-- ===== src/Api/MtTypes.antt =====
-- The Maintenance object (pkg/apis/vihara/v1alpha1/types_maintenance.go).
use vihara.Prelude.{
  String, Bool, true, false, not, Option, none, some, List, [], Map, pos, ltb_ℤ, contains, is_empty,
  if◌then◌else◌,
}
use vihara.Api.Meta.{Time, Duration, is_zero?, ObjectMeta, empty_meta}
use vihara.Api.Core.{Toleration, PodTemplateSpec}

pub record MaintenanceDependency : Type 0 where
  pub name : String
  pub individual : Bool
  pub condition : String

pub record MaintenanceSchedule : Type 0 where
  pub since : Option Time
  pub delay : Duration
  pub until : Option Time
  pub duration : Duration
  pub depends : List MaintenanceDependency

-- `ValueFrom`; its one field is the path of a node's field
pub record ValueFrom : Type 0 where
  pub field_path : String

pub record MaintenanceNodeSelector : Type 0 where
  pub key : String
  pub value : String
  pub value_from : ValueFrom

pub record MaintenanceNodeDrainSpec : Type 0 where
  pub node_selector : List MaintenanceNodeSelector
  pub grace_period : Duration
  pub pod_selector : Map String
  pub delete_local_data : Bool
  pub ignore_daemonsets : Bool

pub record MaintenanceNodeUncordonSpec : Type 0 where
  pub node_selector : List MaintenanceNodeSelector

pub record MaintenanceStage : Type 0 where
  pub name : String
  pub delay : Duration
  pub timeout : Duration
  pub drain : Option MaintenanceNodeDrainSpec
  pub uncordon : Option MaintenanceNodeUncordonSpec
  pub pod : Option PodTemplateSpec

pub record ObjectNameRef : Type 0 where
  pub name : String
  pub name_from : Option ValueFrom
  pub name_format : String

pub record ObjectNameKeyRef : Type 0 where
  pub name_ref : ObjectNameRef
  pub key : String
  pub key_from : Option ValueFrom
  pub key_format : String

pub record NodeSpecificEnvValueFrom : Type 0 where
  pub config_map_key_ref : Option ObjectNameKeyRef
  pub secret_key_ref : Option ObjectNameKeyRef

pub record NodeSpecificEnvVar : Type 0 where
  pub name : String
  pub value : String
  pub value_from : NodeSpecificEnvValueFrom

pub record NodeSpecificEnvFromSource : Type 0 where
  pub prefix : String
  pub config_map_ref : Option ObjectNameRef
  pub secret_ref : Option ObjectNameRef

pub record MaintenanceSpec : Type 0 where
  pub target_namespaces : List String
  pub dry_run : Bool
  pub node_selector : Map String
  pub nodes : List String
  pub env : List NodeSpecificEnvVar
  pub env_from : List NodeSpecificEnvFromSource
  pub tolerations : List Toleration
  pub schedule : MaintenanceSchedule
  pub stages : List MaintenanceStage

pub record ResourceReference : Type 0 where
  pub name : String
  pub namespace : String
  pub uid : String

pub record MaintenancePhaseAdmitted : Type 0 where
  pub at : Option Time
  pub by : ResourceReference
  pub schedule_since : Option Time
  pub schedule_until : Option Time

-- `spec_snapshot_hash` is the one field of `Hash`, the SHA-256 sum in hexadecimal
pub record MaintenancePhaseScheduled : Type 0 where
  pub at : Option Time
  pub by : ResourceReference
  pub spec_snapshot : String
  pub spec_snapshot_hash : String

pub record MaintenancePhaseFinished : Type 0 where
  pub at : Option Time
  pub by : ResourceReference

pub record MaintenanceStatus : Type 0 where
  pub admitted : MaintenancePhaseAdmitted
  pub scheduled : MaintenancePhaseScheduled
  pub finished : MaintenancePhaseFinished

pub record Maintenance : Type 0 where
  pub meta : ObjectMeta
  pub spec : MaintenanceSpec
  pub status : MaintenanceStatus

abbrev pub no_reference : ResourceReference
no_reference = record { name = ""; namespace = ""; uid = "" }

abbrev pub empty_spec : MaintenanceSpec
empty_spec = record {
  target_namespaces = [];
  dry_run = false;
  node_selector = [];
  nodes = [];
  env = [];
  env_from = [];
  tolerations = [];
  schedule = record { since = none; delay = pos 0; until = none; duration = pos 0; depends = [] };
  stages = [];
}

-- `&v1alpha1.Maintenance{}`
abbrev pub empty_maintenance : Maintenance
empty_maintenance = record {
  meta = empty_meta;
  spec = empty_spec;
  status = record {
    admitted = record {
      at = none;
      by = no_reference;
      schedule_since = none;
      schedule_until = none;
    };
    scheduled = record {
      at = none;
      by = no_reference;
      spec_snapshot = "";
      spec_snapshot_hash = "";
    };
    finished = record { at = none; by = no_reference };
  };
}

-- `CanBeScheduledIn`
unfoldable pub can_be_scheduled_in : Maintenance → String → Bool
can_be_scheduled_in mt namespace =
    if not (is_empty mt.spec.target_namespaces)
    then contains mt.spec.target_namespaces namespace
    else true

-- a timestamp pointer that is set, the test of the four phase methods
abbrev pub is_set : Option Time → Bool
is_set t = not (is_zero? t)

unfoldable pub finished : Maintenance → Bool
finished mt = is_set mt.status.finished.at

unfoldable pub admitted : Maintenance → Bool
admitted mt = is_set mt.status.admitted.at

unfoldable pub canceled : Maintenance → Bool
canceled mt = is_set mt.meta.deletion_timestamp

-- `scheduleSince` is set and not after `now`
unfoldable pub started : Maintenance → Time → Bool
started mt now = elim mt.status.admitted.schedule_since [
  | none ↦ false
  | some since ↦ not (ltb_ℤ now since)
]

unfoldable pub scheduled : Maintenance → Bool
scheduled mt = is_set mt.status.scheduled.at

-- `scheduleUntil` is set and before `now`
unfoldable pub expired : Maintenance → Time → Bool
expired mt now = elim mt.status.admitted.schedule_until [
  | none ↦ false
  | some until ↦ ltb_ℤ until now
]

- - -

Copy out the records above exactly and completely.

-- ===== src/Api/MtTypes.antt =====
-- The Maintenance object (pkg/apis/vihara/v1alpha1/types_maintenance.go).
use vihara.Prelude.{
  String, Bool, true, false, not, Option, none, some, List, [], Map, pos, ltb_ℤ, contains, is_empty,
  if◌then◌else◌,
}
use vihara.Api.Meta.{Time, Duration, is_zero?, ObjectMeta, empty_meta}
use vihara.Api.Core.{Toleration, PodTemplateSpec}

pub record MaintenanceDependency : Type 0 where
  pub name : String
  pub individual : Bool
  pub condition : String

pub record MaintenanceSchedule : Type 0 where
  pub since : Option Time
  pub delay : Duration
  pub until : Option Time
  pub duration : Duration
  pub depends : List MaintenanceDependency

-- `ValueFrom`; its one field is the path of a node's field
pub record ValueFrom : Type 0 where
  pub field_path : String

pub record MaintenanceNodeSelector : Type 0 where
  pub key : String
  pub value : String
  pub value_from : ValueFrom

pub record MaintenanceNodeDrainSpec : Type 0 where
  pub node_selector : List MaintenanceNodeSelector
  pub grace_period : Duration
  pub pod_selector : Map String
  pub delete_local_data : Bool
  pub ignore_daemonsets : Bool

pub record MaintenanceNodeUncordonSpec : Type 0 where
  pub node_selector : List MaintenanceNodeSelector

pub record MaintenanceStage : Type 0 where
  pub name : String
  pub delay : Duration
  pub timeout : Duration
  pub drain : Option MaintenanceNodeDrainSpec
  pub uncordon : Option MaintenanceNodeUncordonSpec
  pub pod : Option PodTemplateSpec

pub record ObjectNameRef : Type 0 where
  pub name : String
  pub name_from : Option ValueFrom
  pub name_format : String

pub record ObjectNameKeyRef : Type 0 where
  pub name_ref : ObjectNameRef
  pub key : String
  pub key_from : Option ValueFrom
  pub key_format : String

pub record NodeSpecificEnvValueFrom : Type 0 where
  pub config_map_key_ref : Option ObjectNameKeyRef
  pub secret_key_ref : Option ObjectNameKeyRef

pub record NodeSpecificEnvVar : Type 0 where
  pub name : String
  pub value : String
  pub value_from : NodeSpecificEnvValueFrom

pub record NodeSpecificEnvFromSource : Type 0 where
  pub prefix : String
  pub config_map_ref : Option ObjectNameRef
  pub secret_ref : Option ObjectNameRef

pub record MaintenanceSpec : Type 0 where
  pub target_namespaces : List String
  pub dry_run : Bool
  pub node_selector : Map String
  pub nodes : List String
  pub env : List NodeSpecificEnvVar
  pub env_from : List NodeSpecificEnvFromSource
  pub tolerations : List Toleration
  pub schedule : MaintenanceSchedule
  pub stages : List MaintenanceStage

pub record ResourceReference : Type 0 where
  pub name : String
  pub namespace : String
  pub uid : String

pub record MaintenancePhaseAdmitted : Type 0 where
  pub at : Option Time
  pub by : ResourceReference
  pub schedule_since : Option Time
  pub schedule_until : Option Time

-- `spec_snapshot_hash` is the one field of `Hash`, the SHA-256 sum in hexadecimal
pub record MaintenancePhaseScheduled : Type 0 where
  pub at : Option Time
  pub by : ResourceReference
  pub spec_snapshot : String
  pub spec_snapshot_hash : String

pub record MaintenancePhaseFinished : Type 0 where
  pub at : Option Time
  pub by : ResourceReference

pub record MaintenanceStatus : Type 0 where
  pub admitted : MaintenancePhaseAdmitted
  pub scheduled : MaintenancePhaseScheduled
  pub finished : MaintenancePhaseFinished

pub record Maintenance : Type 0 where
  pub meta : ObjectMeta
  pub spec : MaintenanceSpec
  pub status : MaintenanceStatus

abbrev pub no_reference : ResourceReference
no_reference = record { name = ""; namespace = ""; uid = "" }

abbrev pub empty_spec : MaintenanceSpec
empty_spec = record {
  target_namespaces = [];
  dry_run = false;
  node_selector = [];
  nodes = [];
  env = [];
  env_from = [];
  tolerations = [];
  schedule = record { since = none; delay = pos 0; until = none; duration = pos 0; depends = [] };
  stages = [];
}

-- `&v1alpha1.Maintenance{}`
abbrev pub empty_maintenance : Maintenance
empty_maintenance = record {
  meta = empty_meta;
  spec = empty_spec;
  status = record {
    admitted = record {
      at = none;
      by = no_reference;
      schedule_since = none;
      schedule_until = none;
    };
    scheduled = record {
      at = none;
      by = no_reference;
      spec_snapshot = "";
      spec_snapshot_hash = "";
    };
    finished = record { at = none; by = no_reference };
  };
}

-- `CanBeScheduledIn`
unfoldable pub can_be_scheduled_in : Maintenance → String → Bool
can_be_scheduled_in mt namespace =
    if not (is_empty mt.spec.target_namespaces)
    then contains mt.spec.target_namespaces namespace
    else true

-- a timestamp pointer that is set, the test of the four phase methods
abbrev pub is_set : Option Time → Bool
is_set t = not (is_zero? t)

unfoldable pub finished : Maintenance → Bool
finished mt = is_set mt.status.finished.at

unfoldable pub admitted : Maintenance → Bool
admitted mt = is_set mt.status.admitted.at

unfoldable pub canceled : Maintenance → Bool
canceled mt = is_set mt.meta.deletion_timestamp

-- `scheduleSince` is set and not after `now`
unfoldable pub started : Maintenance → Time → Bool
started mt now = elim mt.status.admitted.schedule_since [
  | none ↦ false
  | some since ↦ not (ltb_ℤ now since)
]

unfoldable pub scheduled : Maintenance → Bool
scheduled mt = is_set mt.status.scheduled.at

-- `scheduleUntil` is set and before `now`
unfoldable pub expired : Maintenance → Time → Bool
expired mt now = elim mt.status.admitted.schedule_until [
  | none ↦ false
  | some until ↦ ltb_ℤ until now
]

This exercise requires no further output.